Technical Description

Computers 2 Electric Boogaloo : The Need for Quantum Computers and Their Current State

The quinntessential components of a computer are its main volatile memory storage, arithmetic unit, and control unit. Communication between them occurs through a transistor that is the simplest form of data processing in a computer, it can be either on or off (1 or 0 respectively). Combinations of several bits can represent complex information. Transistors are combined using logic to make very complex modules. For instance, the AND gate sends the output 1 if both of its conditions are true and a 0 all other times. Combinations of logic gates form meaningful modules such as for adding. From adding we get to multiplying and from there we can do anything. All operations are simpler than first grade math such as adding one and/or zero or multiplying the two.

Figure 1: Logic Gates for multiplication through iterated addition, two cycles out of eight have passed

Moore’s Law states that the number of transistors in a dense integrated circuit doubles about every two years. This might be reaching its limits as right now a single transistor on a computer chip is reaching the size of an atom and this is starting to become a problem. Logical gates which either allow or constrict the flow of electricity or electrons stop serving as gates the smaller they get. The typical size of transistor is around 13 nano-meter which is around 14,000 times smaller than the diameter of a hair strand. As gates are shrinking to the size of a few nano-meters, electrons can simply transfer themselves over the blocked passage through quantum tunneling. Thus Moore’s Law is going to stop being true in a few decades and soon enough we will reach peak processing speed that is physically possible in classic computing.

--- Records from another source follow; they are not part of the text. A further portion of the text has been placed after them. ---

-- ===== src/Connectors/Commands.antt =====
-- The connectors of src-tauri/src/connectors.rs as their commands change them: the lifecycle, the
-- table of connections and the secrets, each step under its locks. The requests to Google are not
-- modelled; what they answer is an argument, and so are the readings of the clocks.
use desktop_ai_dashboard.Prelude.{
  ℕ, String, Bool, true, false, not, Option, none, some, List, nat_eq, string_eq, is_some_and,
  if◌then◌else◌, AppError, AppResult, ok, err, reject_if,
}
use desktop_ai_dashboard.Prelude.Acts.{Act, ◌>>=◌, ◌>>◌, lift, ask, or_else}
use desktop_ai_dashboard.Connectors.Status.{ConnectorStatus}
use desktop_ai_dashboard.Connectors.Grants.Table.{revoke_connection}
use desktop_ai_dashboard.Connectors.Lifecycle as Life
use desktop_ai_dashboard.Connectors.Lifecycle.{
  Lifecycle, AttemptStatus, AttemptPhase, check, committed, finish, begin_refresh, check_refresh,
  finish_refresh, disconnect, stale_error, bump, expire,
}
use desktop_ai_dashboard.Connectors.Store.{
  ConnectionRow, mark_disconnected, delete, list, cleanup_ids,
}

-- `trait ConnectorSecrets` of keychain.rs, on a state `S`.
pub record ConnectorSecrets (S : Type 0) : Type 0 where
  pub read : String → S → AppResult String
  pub write : String → String → S → AppResult (Unit {0}) × S
  pub remove : String → S → AppResult (Unit {0}) × S

-- Which statements of the store succeed during one command: `stage`, `upsert`,
-- `mark_disconnected` and `delete`. One that fails changes no row.
pub record Statements : Type 0 where
  pub stages : Bool
  pub upserts : Bool
  pub marks : Bool
  pub deletes : Bool

pub record ConnectorsCore (S : Type 0) : Type 0 where
  pub life : Lifecycle
  pub rows : List ConnectionRow
  pub secrets : S

pub record StoredTokens : Type 0 where
  pub access_token : String
  pub refresh_token : Option String
  pub expires_at : Option String

-- What `serde_json` prints and reads for `StoredTokens`.
pub record TokenJson : Type 0 where
  pub print : StoredTokens → String
  pub parse : String → Option StoredTokens

-- `oauth::TokenResponse`.
pub record TokenResponse : Type 0 where
  pub access_token : String
  pub refresh_token : Option String
  pub expires_in : Option ℕ
  pub scope : Option String

pub record ConnectorSnapshot : Type 0 where
  pub revision : ℕ
  pub attempt : Option AttemptStatus
  pub items : List ConnectorStatus
  pub cleanup : List String

abbrev pub credential_error : AppError
credential_error = record {
  code = "connector_credential";
  message = "Stored credentials were unreadable.";
}

abbrev pub no_refresh_token : AppError
no_refresh_token = record {
  code = "connector_credential";
  message = "No refresh token is stored. Reconnect this account.";
}

abbrev pub cleanup_error : AppError
cleanup_error = record {
  code = "connector_cleanup";
  message = "Disconnected locally. Credential cleanup failed. Retry cleanup in Accounts.";
}

abbrev pub disconnect_error : AppError
disconnect_error = record {
  code = "connector_disconnect";
  message = "Disconnect failed. Connection status is unconfirmed.";
}

abbrev pub incomplete_error : AppError
incomplete_error = record {
  code = "connector_cleanup";
  message = "Disconnected locally. Cleanup is incomplete. Retry cleanup in Accounts.";
}

abbrev pub not_found : AppError
not_found = record { code = "not_found"; message = "That connector was not found." }

abbrev pub or_default {ℓ} : {A : Type ℓ} → Option A → A → A
or_default none a = a
or_default (some b) a = b

abbrev pub revoke_grants : String → Lifecycle → Lifecycle
revoke_grants id s = record s { grants = revoke_connection id s.grants }

abbrev is_pending_phase : AttemptPhase → Bool
is_pending_phase Life.pending = true
is_pending_phase _ = false

module _ {S : Type 0} where
  -- An operation on the lifecycle that gives a result.
  abbrev pub on_life {ℓ} :
      {A : Type ℓ} → (Lifecycle → Lifecycle × AppResult A) → Act (ConnectorsCore S) A
  on_life f c = ((f c.life).1, record c { life = (f c.life).0 })

  abbrev pub set_life : (Lifecycle → Lifecycle) → Act (ConnectorsCore S) (Unit {0})
  set_life f c = (ok tt, record c { life = f c.life })

  -- A statement that changes the rows, if it succeeds.
  abbrev pub write_rows :
      Bool
      → AppError
      → (List ConnectionRow → List ConnectionRow)
      → Act (ConnectorsCore S) (Unit {0})
  write_rows true e f c = (ok tt, record c { rows = f c.rows })
  write_rows false e f c = (err e, c)

  unfoldable pub snapshot : ℕ → Act (ConnectorsCore S) ConnectorSnapshot
  snapshot now = do
    set_life (Life.expire now)
    ask λ c. ok (record {
      revision = c.life.revision;
      attempt = c.life.attempt;
      items = list c.rows;
      cleanup = cleanup_ids c.rows;
    })

  -- The step of `launch_google_browser` that admits the browser.
  unfoldable pub admit_launch : String → ℕ → Act (ConnectorsCore S) (Unit {0})
  admit_launch id now = do
    on_life (check id now)
    ask λ c.
        reject_if (not (is_some_and c.life.attempt (λ a. is_pending_phase a.phase))) stale_error

module _ {S : Type 0} (secrets : ConnectorSecrets S) where
  abbrev pub write_secret : String → String → Act (ConnectorsCore S) (Unit {0})
  write_secret id payload c =
      let r = secrets.write id payload c.secrets in (r.0, record c { secrets = r.1 })

  abbrev pub remove_secret : String → Act (ConnectorsCore S) (Unit {0})
  remove_secret id c = let r = secrets.remove id c.secrets in (r.0, record c { secrets = r.1 })

  -- The error that `rollback_staged` returns, and what it leaves.
  unfoldable pub rollback_staged {ℓ} :
      {A : Type ℓ} → Statements → String → AppError → Act (ConnectorsCore S) A
  rollback_staged statements id original = do
    or_else (remove_secret id) (λ e. lift (err cleanup_error))
    write_rows statements.deletes incomplete_error (λ rows. (delete id rows).0)
    lift (err original)

  unfoldable pub disconnect_impl : Statements → String → Act (ConnectorsCore S) (Unit {0})
  disconnect_impl statements id = do
    set_life (Life.disconnect id)
    found ← ask λ c. ok (mark_disconnected id c.rows).1
    write_rows statements.marks disconnect_error (λ rows. (mark_disconnected id rows).0)
    or_else (remove_secret id) (λ e. lift (err (if found then cleanup_error else credential_error)))
    write_rows statements.deletes incomplete_error (λ rows. (delete id rows).0)
    lift (reject_if (not found) not_found)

Figure 2: Moore’s Law in action. Progression of nonvolatile memory storage

This is why we need quantum computers. If we are to go past the possible processing speed per unit area we need to be able to use quantum tunneling to our advantage. Quantum computers have qubits which can be set to both the two values 0 and 1 simultaneously through superposition. A qubit can be any two level quantum system such as spin and a magnetic field, or a single photon. 0 and 1 are the systems possible states, like a photons horizontal or vertical polarization. You can converge the two simultaneous values of a qubit by sending the photon that represents your qubit through a filter. The qubit has to decide whether it is either vertically or horizontally polarized. so as long as its unobserved it is both 0 and 1 but only in measuring does it collapse into a single state allowing more value storage. For instance, a classical bit can store only 1 of 2 possible values a qubit can store both of the 2 possible values at once and 4 bits can store 1 of the 8 possible values 4 qubits can store all 4 values at once. For equivalence from bits to qubits,  2 qubits can store 4 normal bits of information and 2 bits can store 4 states so 2 qubits can store 8 normal bits of information. On the one hand, something like 300 bits which barely represents 37.5 bytes which can store the sentence “Hey my name is Anas, nice to meet you”. On the other hand, 300 qubits can store more bits than there are particles in the universe

Entanglement (through a process called spooky action) is when a close connection makes each of the qubits reach to change in in others state instantaneously, no matter how far they are apart. This means by observing a single qubit you can observe properties of its partner by inference. Chinese scientists have used spooky action to change the spin of a quantum particle 1,200 km apart.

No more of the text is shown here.